However, there was very limited information on the Rotifera of the Shatt Al-Arab River. The Rotifera of Iraq is largely unknown (Póltorak et al. 2001 and Ahmed & Ghazi 2009). Sabri (1988) studied the ecology of Rotifera in the Tigris River. Previous investigations in the Shatt Al-Arab River indicate the presence of 11 species of brachionid rotifers (Abdul-Hussein et al. 1989). The relationship between Phytoplankton, nutrients, chlorophyll a and rotifers were previously studied in some locations of Shatt Al- Arab River (Ali & Abdullah 1999). Ahmed et al. (2005) monitored the monthly changes of nutrients, chlorophyll a and Rotifera in the northern part of the Shatt Al-Arab River and recorded 23 species.
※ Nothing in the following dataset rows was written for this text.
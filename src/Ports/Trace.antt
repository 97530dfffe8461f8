-- ===== src/Ports/Trace.antt =====
-- What a step of the processor does to the ports: reasoning about all the events that it adds.
use tauos.Base.{ℕ, ◌≡◌, refl, sym, ap, ◌∙◌, List, [], ◌∷◌, ◌++◌, bit_and}
use mathlib.Core.List.{append_assoc}
use tauos.Ports.{
  Width, Event, input, output, Io, ◌>>=◌, pure, Hardware, port_out, port_in, IoPort, read, write,
  max_value,
}

-- Every event has the property.
unfoldable pub AllEvents : (Event → Type 0) → List Event → Type 0
AllEvents p [] = Unit
AllEvents p (e ∷ es) = p e × AllEvents p es

all_append :
    (p : Event → Type 0) (xs ys : List Event)
    → AllEvents p xs
    → AllEvents p ys
    → AllEvents p (xs ++ ys)
unfolding AllEvents
all_append p [] ys a b = b
all_append p (x ∷ xs) ys a b = (a.0, all_append p xs ys a.1 b)

-- From every history, the step adds events with the property and nothing else.
unfoldable pub Emits : {A : Type 0} → (Event → Type 0) → Io A → Type 0
Emits p m = (h : List Event) → (es : List Event) × (((m h).1 ≡ es ++ h) × AllEvents p es)

pub Emits-bind :
    (p : Event → Type 0) {A B : Type 0} (m : Io A) (f : A → Io B)
    → Emits p m
    → ((a : A) → Emits p (f a))
    → Emits p (m >>= f)
unfolding Emits ◌>>=◌
Emits-bind p m f k c h =
    let (es, (e, a)) = k h in
    let (ds, (d, b)) = c (m h).0 (m h).1 in
    (
      ds ++ es,
      (d ∙ ap (λ (t : List Event). ds ++ t) e ∙ sym (append_assoc ds es h), all_append p ds es b a),
    )

pub Emits-pure : (p : Event → Type 0) {A : Type 0} (a : A) → Emits p (pure a)
unfolding AllEvents Emits pure
Emits-pure p a h = ([], (refl, tt))

pub Emits-port_out :
    (p : Event → Type 0) (w : Width) (port value : ℕ)
    → p (output w port value)
    → Emits p (port_out w port value)
unfolding AllEvents Emits port_out
Emits-port_out p w port value a h = (output w port value ∷ [], (refl, (a, tt)))

pub Emits-write :
    (p : Event → Type 0) (r : IoPort) (value : ℕ)
    → p (output r.width r.port (bit_and value r.mask))
    → Emits p (write r value)
unfolding AllEvents Emits ◌>>=◌ port_out pure
Emits-write p r value a h = (output r.width r.port (bit_and value r.mask) ∷ [], (refl, (a, tt)))

module _ (hardware : Hardware) where
  pub Emits-port_in :
      (p : Event → Type 0) (w : Width) (port : ℕ)
      → ((value : ℕ) → p (input w port value))
      → Emits p (port_in hardware w port)
  unfolding AllEvents Emits port_in
  Emits-port_in p w port a h =
      let value = bit_and (hardware h w port) (max_value w) in
      (input w port value ∷ [], (refl, (a value, tt)))

  pub Emits-read :
      (p : Event → Type 0) (r : IoPort)
      → ((value : ℕ) → p (input r.width r.port value))
      → Emits p (read hardware r)
  unfolding AllEvents Emits ◌>>=◌ port_in pure
  Emits-read p r a h =
      let value = bit_and (hardware h r.width r.port) (max_value r.width) in
      (input r.width r.port value ∷ [], (refl, (a value, tt)))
Ghazi & Ahmed (2008) studied the abundance and diversity of rotifers in ponds in Garmat Ali region and recorded 26 species. Ali & Ghazi (2008) investigated the Rotifera of Shatt Al-Arab from Qurna to Fao through 12 months and listed only 47 taxa and Salman et al. (2008) listed 105 species of Rotifera from the Southern Iraqi marshes. Moreover Hammadi & Bielanska-Grajner (2012) listed about 85 taxa of Rotifera from Shatt Al-Arab. Finally, Hammadi et al. (2015) identified 56 taxa from 25 stations in the Southern Iraqi marshes.

The present study provides general background on the ecology of Rotifera of Shatt Al-Arab River, to establish a keystone to the ecology of Rotifera of the region.

Materials and Methods

Study Area

Shatt Al-Arab River is formed by the confluence of the Tigris and Euphrates Rivers at Al-Qurna town, with a length of about 195 km and varies in width from 0.4 to more than 2 km at Al-Fao town, but may narrowed at certain places to about 200 meters. The depth of the River is ranging between 8 and 15 meters depending on the location and the phase of tide and it increases toward the Arabian Gulf.
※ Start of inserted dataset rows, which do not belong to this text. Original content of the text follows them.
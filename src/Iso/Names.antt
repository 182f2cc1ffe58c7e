-- ===== src/Iso/Names.antt =====
-- `filename_match` of src/fs/iso9660.c.
use openyanase_kernel.Base.{
  ℕ, zero, suc, ◌+◌, ◌≤◌, ◌<◌, ◌≡◌, ◌↔◌, true, ◌==◌, ◌==◌, if◌then◌else◌, arith, Bool-cases, ==_iff,
  inl, inr, refl,
}
use openyanase_kernel.Str.{CString}
use openyanase_kernel.Iso.{match_loop, filename_match}
use native.Mathlib.Decide.{ℕ_discrete}

-- The length of a name without its version.
unfoldable pub stem : ℕ → ℕ → CString → ℕ
stem zero i name = i
stem (suc n) i name = let rest = stem n (i + 1) name in if name i == b';' then i else rest

le-stem : (n i : ℕ) (name : CString) → i ≤ stem n i name
unfolding stem
le-stem zero i name = omega arith
le-stem (suc n) i name = ground (arith, le-stem n (i + 1) name)

pub match_loop-stem :
    (n i : ℕ) (target name : CString)
    → (match_loop n i target name ≡ true)
      ↔ ((j : ℕ) → i ≤ j → j < stem n i name → target j ≡ name j)
unfolding match_loop stem
match_loop-stem zero i target name = (λ _ j lo hi. absurd (omega arith), λ _. refl)
match_loop-stem (suc n) i target name = elim (Bool-cases (name i == b';')) [
  | inl e ↦ rw (e) (λ _ j lo hi. absurd (omega arith), λ _. refl)
  | inr e ↦ elim (Bool-cases (target i == name i)) [
    | inl same ↦
        rw (e, same)
          (
            λ h j lo hi. elim (ℕ_discrete j i) [
              | yes here ↦ rw here ((==_iff _ _).0 same)
              | no later ↦ (match_loop-stem n (i + 1) target name).0 h j (omega arith) hi
            ],
            λ h. (match_loop-stem n (i + 1) target name).1 (λ j lo hi. h j (omega arith) hi),
          )
    | inr ne ↦
        rw (e, ne)
          (
            λ h. absurd (cc),
            λ h. ground (arith, h i (omega arith) (omega (arith, le-stem n (i + 1) name))),
          )
  ]
]

-- A file is taken for the one that is looked for exactly when its name, up to the first `;` or its
-- end, is how the name looked for begins: what follows there is not read.
pub filename_match-prefix :
    (len : ℕ) (target iso_name : CString)
    → (filename_match target iso_name len ≡ true)
      ↔ ((j : ℕ) → j < stem len 0 iso_name → target j ≡ iso_name j)
unfolding filename_match
filename_match-prefix len target iso_name =
    let whole = match_loop-stem len 0 target iso_name in
    (λ h j hi. whole.0 h j (omega arith) hi, λ h. whole.1 (λ j lo hi. h j hi))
Shatt Al-Arab River has three tributaries, these are: Al-Soweab River which is coming from Al-Huwaizah Marshes, Garmat Ali River which is arising from Al-Hammar Marshes and Karun River which is coming from the east, and enters Shatt Al-Arab, about 35 km south of Basrah City and is closed recently by Iran.

There are many small channels connected with Shatt Al-Arab at Basrah such as Al-Rabat, Al-Khandaq, Al-Ashar and Al-Khorah Creeks which are passing through heavily populated areas and receiving untreated disposals mainly domestic sewage. The Shatt Al-Arab River water level changes twice a day. Therefore, its water quality is affected by the semi tidal rhythm of the Arabian Gulf, with a tidal amplitude of about 1.5m decreasing during the flood season to up to 25 cm.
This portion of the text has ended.